Winters believes that Rio Tinto might be able to employ twenty-five hundred people during the 1962-66 period and so keep alive an Elliot Lake community of about ten thousand. Rio Tinto owns eight hundred of Elliot Lake’s houses and according to Winters “will board up the empty ones and hold on to them until the development of peaceful atomic power brings about an upsurge in the uranium market in the Seventies.”

Such faith in the future does little to encourage the local merchants. Few could afford to mark time through even a one-year shutdown of the mines. In their desperation, they point out that Elliot Lake was founded in the days of the late Liberal government. They recall that Rio Tinto president Winters was then Minister of Public Works and that Lester B. Pearson, present leader of the opposition, and MP for Algoma East, the Elliot Lake federal constituency, was then Minister for External Affairs.

They look with suspicion upon the present Conservative federal government’s decision to build a nuclear research centre at Whiteshell, Manitoba, a community standing in a constituency adjacent to that represented by Gordon Churchill, present Minister of Trade and Commerce. The Elliot Lake Standard repeatedly has demanded that this institution be switched to Elliot Lake to help solve its unemployment problem, and repeatedly has hinted that Churchill’s indifference to this suggestion amounts to political retaliation against Winters and Pearson.

Few experts, however, place much importance on the bitterness and hysteria that is implicit in the political recriminations. Ray Jones, an Elliot Lake mine manager, says: “Elliot Lake was built as a permanent town because the forecasts for the inauguration of peaceful atomic power were inaccurate. We still expect uranium to fill the purposes which were envisaged at the time the forecasts were made. There is nothing wrong with Elliot Lake. Only the timing of its construction was wrong.”

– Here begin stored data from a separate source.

-- ===== src/Slotted/Resize.antt =====
-- src/slotted.rs: `resize` of a slot that has bytes keeps the others.
use relly.Prelude.{
  ℕ, ◌+◌, ◌-◌, ◌%◌, ◌≤◌, ◌<◌, ◌≡◌, ◌≢◌, ◌⊎◌, inl, inr, refl, sym, ap, ◌∙◌, subst, Bytes, length,
  slice, overwrite, done, some, ltb, leb, ◌==◌, true, false, if◌then◌else◌, Bool-cases, arith,
  le→leb, lt→ltb, le→ltb, leb→le, leb→lt, eq_cases, length-overwrite, length-slice,
  slice-overwrite_ne, slice-overwrite_inside, slice-slice,
}
use relly.Slotted.{
  Slotted, Pointer, u16_end, pointers_size, free_space, pointer_in, put_pointer, pointer_at,
  shifted, shift_pointers, copy_within, resize_data, resize,
}
use relly.Slotted.Bodies.{
  length-put_pointer, pointer_in-overwrite_ne, pointer_in-put_pointer_self,
  pointer_in-put_pointer_ne, slice-put_pointer_ne,
}
use relly.Slotted.Insert.{IsValid, data_of}
use relly.Slotted.Apart.{Apart, IsDisjoint, swap}
use relly.Slotted.Shift.{
  relocated, length-shift_pointers, pointer_in-shift_pointers, slice-shift_pointers_ne,
}

module _ (index len : ℕ) (s : Slotted) (v : IsValid s) (d : IsDisjoint s) (h : index < s.num_slots)
    (filled : 0 < (pointer_in s.body index).len)
    (room : len + pointers_size s ≤ (pointer_in s.body index).len + s.free_space_offset) where
  abbrev p : Pointer
  p = pointer_in s.body index

  abbrev offset_new : ℕ
  offset_new = s.free_space_offset + p.len - len

  -- The body after each of the three writes.
  abbrev copied : Bytes
  copied =
      overwrite s.body offset_new
        (slice s.free_space_offset (p.offset - s.free_space_offset) s.body)

  abbrev moved_pointers : Bytes
  moved_pointers = shift_pointers s.num_slots 0 p.offset p.len len copied

  abbrev new_pointer : Pointer
  new_pointer = record {
    offset = if len == 0 then offset_new % u16_end else (pointer_in moved_pointers index).offset;
    len = len % u16_end;
  }

  abbrev pub resized : Slotted
  resized = record s {
    free_space_offset = offset_new % u16_end;
    body = put_pointer moved_pointers index new_pointer;
  }

  bounds :
      (s.free_space_offset ≤ p.offset)
      × (p.offset + p.len ≤ length s.body)
      × (length s.body < u16_end)
      × (pointers_size s ≤ offset_new)
      × (offset_new + (p.offset - s.free_space_offset) ≤ length s.body)
  bounds = omega (arith, v.points index h, v.small, v.inside, v.area)

  length_copy :
      length (slice s.free_space_offset (p.offset - s.free_space_offset) s.body)
      ≡ p.offset - s.free_space_offset
  length_copy = length-slice _ _ s.body (omega (arith, bounds))

  length-copied : length copied ≡ length s.body
  length-copied = length-overwrite s.body offset_new _

  length-moved_pointers : length moved_pointers ≡ length s.body
  length-moved_pointers =
      length-shift_pointers p.offset p.len len s.num_slots 0 copied ∙ length-copied

  length-resized : length resized.body ≡ length s.body
  length-resized = length-put_pointer moved_pointers index new_pointer ∙ length-moved_pointers

  pub resize-resized : len ≢ p.len → resize index len s ≡ done (some tt, resized)
  unfolding resize resize_data copy_within pointer_at free_space
  resize-resized ne =
      let (b0, b1, b2, b3, b4) = bounds in
      let t0 : leb (pointers_size s) (length s.body) ≡ true =
        le→leb _ _ (omega (arith, v.area, v.inside)) in
      let t1 : ltb index s.num_slots ≡ true = lt→ltb _ _ h in
      let t2 : len == p.len ≡ false = ground arith in
      let t3 : ltb s.free_space_offset (pointers_size s) ≡ false = le→ltb _ _ v.area in
      let t4 : ltb (p.len + (s.free_space_offset - pointers_size s)) len ≡ false =
        le→ltb _ _ (omega (arith, v.area)) in
      let t5 : leb s.free_space_offset p.offset ≡ true = le→leb _ _ b0 in
      let t6 : leb p.offset (length s.body) ≡ true = le→leb _ _ (omega arith) in
      let t7 : leb (offset_new + (p.offset - s.free_space_offset)) (length s.body) ≡ true =
        le→leb _ _ b4 in
      rw (t0, t1, t2, t3, t4, t5, t6, t7)

  -- Pointers are beside the bytes that are copied.
  pointer_in-copied : (i : ℕ) → i < s.num_slots → pointer_in copied i ≡ pointer_in s.body i
  pointer_in-copied i k =
      pointer_in-overwrite_ne s.body _ offset_new i (inl (omega (arith, bounds)))

  pointer_in-moved_pointers :
      (i : ℕ)
      → i < s.num_slots
      → pointer_in moved_pointers i ≡ relocated p.offset p.len len (pointer_in s.body i)
  pointer_in-moved_pointers i k =
      let e = pointer_in-copied i k in
      pointer_in-shift_pointers p.offset p.len len s.num_slots 0 i copied (omega arith)
        (omega arith) (omega (arith, length-copied, bounds, v.inside, v.area))
        (rw e (omega (arith, v.points i k, bounds)))
      ∙ ap (relocated p.offset p.len len) e

  -- The shift does not wrap around.
  shifted_lem :
      (i : ℕ)
      → i < s.num_slots
      → (pointer_in s.body i).offset ≤ p.offset
      → shifted (pointer_in s.body i).offset p.len len + len ≡ (pointer_in s.body i).offset + p.len
  shifted_lem i k le = omega (arith, v.points i k, bounds)

  pub pointer_in-resized_ne :
      (i : ℕ)
      → i < s.num_slots
      → i ≢ index
      → pointer_in resized.body i ≡ relocated p.offset p.len len (pointer_in s.body i)
  pointer_in-resized_ne i k ne =
      pointer_in-put_pointer_ne moved_pointers index i new_pointer (omega (arith, ne))
      ∙ pointer_in-moved_pointers i k

  -- Bytes from the new start of the data on are those of the copy.
  slice-resized : (o n : ℕ) → offset_new ≤ o → slice o n resized.body ≡ slice o n copied
  slice-resized o n k =
      slice-put_pointer_ne moved_pointers index new_pointer o n (omega (arith, bounds))
      ∙ slice-shift_pointers_ne p.offset p.len len s.num_slots 0 o n copied (omega (arith, bounds))

  -- Bytes that stood before the slot have moved with the pointers, those behind it have not.
  slice_moved :
      (o n at : ℕ)
      → s.free_space_offset ≤ o
      → o + n ≤ p.offset
      → at + len ≡ o + p.len
      → slice at n copied ≡ slice o n s.body
  slice_moved o n at a b e =
      slice-overwrite_inside offset_new (o - s.free_space_offset) n at s.body _
        (omega (arith, bounds)) (omega (arith, length_copy, bounds)) (omega (arith, length_copy))
      ∙ slice-slice s.free_space_offset (p.offset - s.free_space_offset) (o - s.free_space_offset) n
          o s.body (omega arith) (omega arith)

  slice_behind : (o n : ℕ) → p.offset + p.len ≤ o → slice o n copied ≡ slice o n s.body
  slice_behind o n a =
      slice-overwrite_ne o n offset_new s.body _ (inr (omega (arith, length_copy, bounds)))

  -- Where another slot is: before the resized one, and so shifted, or behind it.
  Moved : Pointer → Pointer → Type 0
  Moved q q' =
      (q.offset + q.len ≤ p.offset) × (q'.offset + len ≡ q.offset + p.len) × (q'.len ≡ q.len)
      ⊎ (p.offset + p.len ≤ q.offset) × (q' ≡ q)

  relocated-Moved :
      (i : ℕ)
      → i < s.num_slots
      → i ≢ index
      → Moved (pointer_in s.body i) (relocated p.offset p.len len (pointer_in s.body i))
  unfolding Moved
  relocated-Moved i k ne = elim (Bool-cases (leb (pointer_in s.body i).offset p.offset)) [
    | inl t ↦ rw t (
        inl (
          omega (arith, d i index k h ne, leb→le _ _ t, filled),
          shifted_lem i k (leb→le _ _ t),
          refl,
        ))
    | inr t ↦ rw t (inr (omega (arith, d i index k h ne, leb→lt _ _ t), refl))
  ]

  Moved-data :
      (q q' : Pointer)
      → s.free_space_offset ≤ q.offset
      → Moved q q'
      → slice q'.offset q'.len copied ≡ slice q.offset q.len s.body
  unfolding Moved
  Moved-data q q' low (inl (a, b, c)) =
      ap (λ x. slice q'.offset x copied) c ∙ slice_moved q.offset q.len q'.offset low a b
  Moved-data q q' low (inr (a, b)) =
      ap (λ (x : Pointer). slice x.offset x.len copied) b ∙ slice_behind q.offset q.len a

  Moved-bounds :
      (q q' : Pointer)
      → s.free_space_offset ≤ q.offset
      → q.offset + q.len ≤ length s.body
      → Moved q q'
      → (offset_new ≤ q'.offset) × (q'.offset + q'.len ≤ length s.body)
  unfolding Moved
  Moved-bounds q q' low high (inl (a, b, c)) = omega (arith, bounds)
  Moved-bounds q q' low high (inr (a, b)) = rw b (omega (arith, bounds), high)

  -- A slot other than the resized one is where its pointer says.
  resized-Moved :
      (i : ℕ)
      → i < s.num_slots
      → i ≢ index
      → Moved (pointer_in s.body i) (pointer_in resized.body i)
  resized-Moved i k ne = rw (pointer_in-resized_ne i k ne) (relocated-Moved i k ne)

  pub data_of-resized : (i : ℕ) → i < s.num_slots → i ≢ index → data_of resized i ≡ data_of s i
  data_of-resized i k ne =
      let q = pointer_in s.body i in
      let q' = pointer_in resized.body i in
      let m = resized-Moved i k ne in
      let (low, high) = v.points i k in
      slice-resized q'.offset q'.len (Moved-bounds q q' low high m).0 ∙ Moved-data q q' low m

  -- The resized slot: at the start of the data if it is empty, and else its end is where it was.
  EndsAt : ℕ → Type 0
  EndsAt o = (len ≡ 0) × (o ≡ offset_new) ⊎ (o + len ≡ p.offset + p.len)

  new_pointer-EndsAt : EndsAt new_pointer.offset
  unfolding EndsAt
  new_pointer-EndsAt = elim (Bool-cases (len == 0)) [
    | inl t ↦ rw t (inl (ground arith, omega (arith, bounds)))
    | inr t ↦
        let e = pointer_in-moved_pointers index h in
        let l : leb p.offset p.offset ≡ true = le→leb _ _ (omega arith) in
        rw (t, e, l) (inr (shifted_lem index h (omega arith)))
  ]

  new_offset_bounds : (offset_new ≤ new_pointer.offset) × (new_pointer.offset + len ≤ length s.body)
  unfolding EndsAt
  new_offset_bounds = elim new_pointer-EndsAt [
    | inl (a, b) ↦ omega (arith, bounds)
    | inr a ↦ omega (arith, bounds)
  ]

  pub pointer_in-resized_self : pointer_in resized.body index ≡ new_pointer
  pointer_in-resized_self =
      pointer_in-put_pointer_self moved_pointers index new_pointer
        (omega (arith, length-moved_pointers, v.inside, v.area))
        (omega (arith, new_offset_bounds, bounds)) (omega arith)

  small_len : len % u16_end ≡ len
  small_len = omega (arith, new_offset_bounds, bounds)

  pub len-resized_self : (pointer_in resized.body index).len ≡ len
  len-resized_self = ap (λ (x : Pointer). x.len) pointer_in-resized_self ∙ small_len

  resized_points :
      (i : ℕ)
      → i < s.num_slots
      → (offset_new ≤ (pointer_in resized.body i).offset)
        × ((pointer_in resized.body i).offset + (pointer_in resized.body i).len ≤ length s.body)
  resized_points i k = elim (eq_cases i index) [
    | inl here ↦ rw (here, pointer_in-resized_self, small_len) new_offset_bounds
    | inr there ↦
        let (low, high) = v.points i k in
        Moved-bounds (pointer_in s.body i) (pointer_in resized.body i) low high
          (resized-Moved i k there)
  ]

  start : offset_new % u16_end ≡ offset_new
  start = omega (arith, bounds)

  pub resized-IsValid : IsValid resized
  resized-IsValid = record {
    area = omega (arith, start, bounds);
    inside = omega (arith, start, bounds, length-resized);
    small = omega (arith, length-resized, v.small);
    points = λ i k. omega (arith, start, length-resized, resized_points i k);
  }

  -- Two other slots, and the resized one and another.
  Moved-Apart : (a b a' b' : Pointer) → Moved a a' → Moved b b' → Apart a b → Apart a' b'
  unfolding Moved
  Moved-Apart a b a' b' (inl (h0, h1, h2)) (inl (k0, k1, k2)) (inl r) = inl (omega arith)
  Moved-Apart a b a' b' (inl (h0, h1, h2)) (inl (k0, k1, k2)) (inr r) = inr (omega arith)
  Moved-Apart a b a' b' (inl (h0, h1, h2)) (inr (k0, k1)) r = inl (rw k1 (omega arith))
  Moved-Apart a b a' b' (inr (h0, h1)) (inl (k0, k1, k2)) r = inr (rw h1 (omega arith))
  Moved-Apart a b a' b' (inr (h0, h1)) (inr (k0, k1)) r = rw (h1, k1) r

  self-Apart :
      (q q' : Pointer)
      → s.free_space_offset ≤ q.offset
      → q.offset + q.len ≤ length s.body
      → Moved q q'
      → (new_pointer.offset + len ≤ q'.offset) ⊎ (q'.offset + q'.len ≤ new_pointer.offset)
  unfolding EndsAt Moved
  self-Apart q q' low high m = elim new_pointer-EndsAt [
    | inl (a, b) ↦ inl (omega (arith, Moved-bounds q q' low high m))
    | inr a ↦ elim m [ inl (x, y, z) ↦ inr (omega arith) | inr (x, y) ↦ inl (rw y (omega arith)) ]
  ]

  resized_self-Apart :
      (j : ℕ)
      → j < s.num_slots
      → j ≢ index
      → Apart (pointer_in resized.body index) (pointer_in resized.body j)
  resized_self-Apart j k ne =
      let (low, high) = v.points j k in
      subst (λ x. Apart x (pointer_in resized.body j)) (sym pointer_in-resized_self)
        (elim (self-Apart (pointer_in s.body j) (pointer_in resized.body j) low high
          (resized-Moved j k ne)) [ inl a ↦ inl (omega (arith, small_len)) | inr a ↦ inr a ])

  pub resized-IsDisjoint : IsDisjoint resized
  resized-IsDisjoint i j hi hj ne = elim (eq_cases i index) [
    | inl here ↦
        subst (λ x. Apart (pointer_in resized.body x) (pointer_in resized.body j)) (sym here)
          (resized_self-Apart j hj (λ e. ne (here ∙ sym e)))
    | inr there ↦ elim (eq_cases j index) [
      | inl here ↦
          subst (λ x. Apart (pointer_in resized.body i) (pointer_in resized.body x)) (sym here)
            (swap (resized_self-Apart i hi there))
      | inr nj ↦
          Moved-Apart (pointer_in s.body i) (pointer_in s.body j) (pointer_in resized.body i)
            (pointer_in resized.body j) (resized-Moved i hi there) (resized-Moved j hj nj)
            (d i j hi hj ne)
    ]
  ]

Dr. Kenneth Walter, a business geographer employed by Imperial Oil Ltd. to chose service station sites in growing communities, says: “In planning new towns diversification of industry should be the keynote. The one-industry town always stands in danger of becoming obsolete, particularly in this era of rapid technological change and shifting consumer demand. If Elliot Lake is added to the long list of Canadian ghost towns it will be because the planners forgot that it never really was a town. It was only a mining camp.”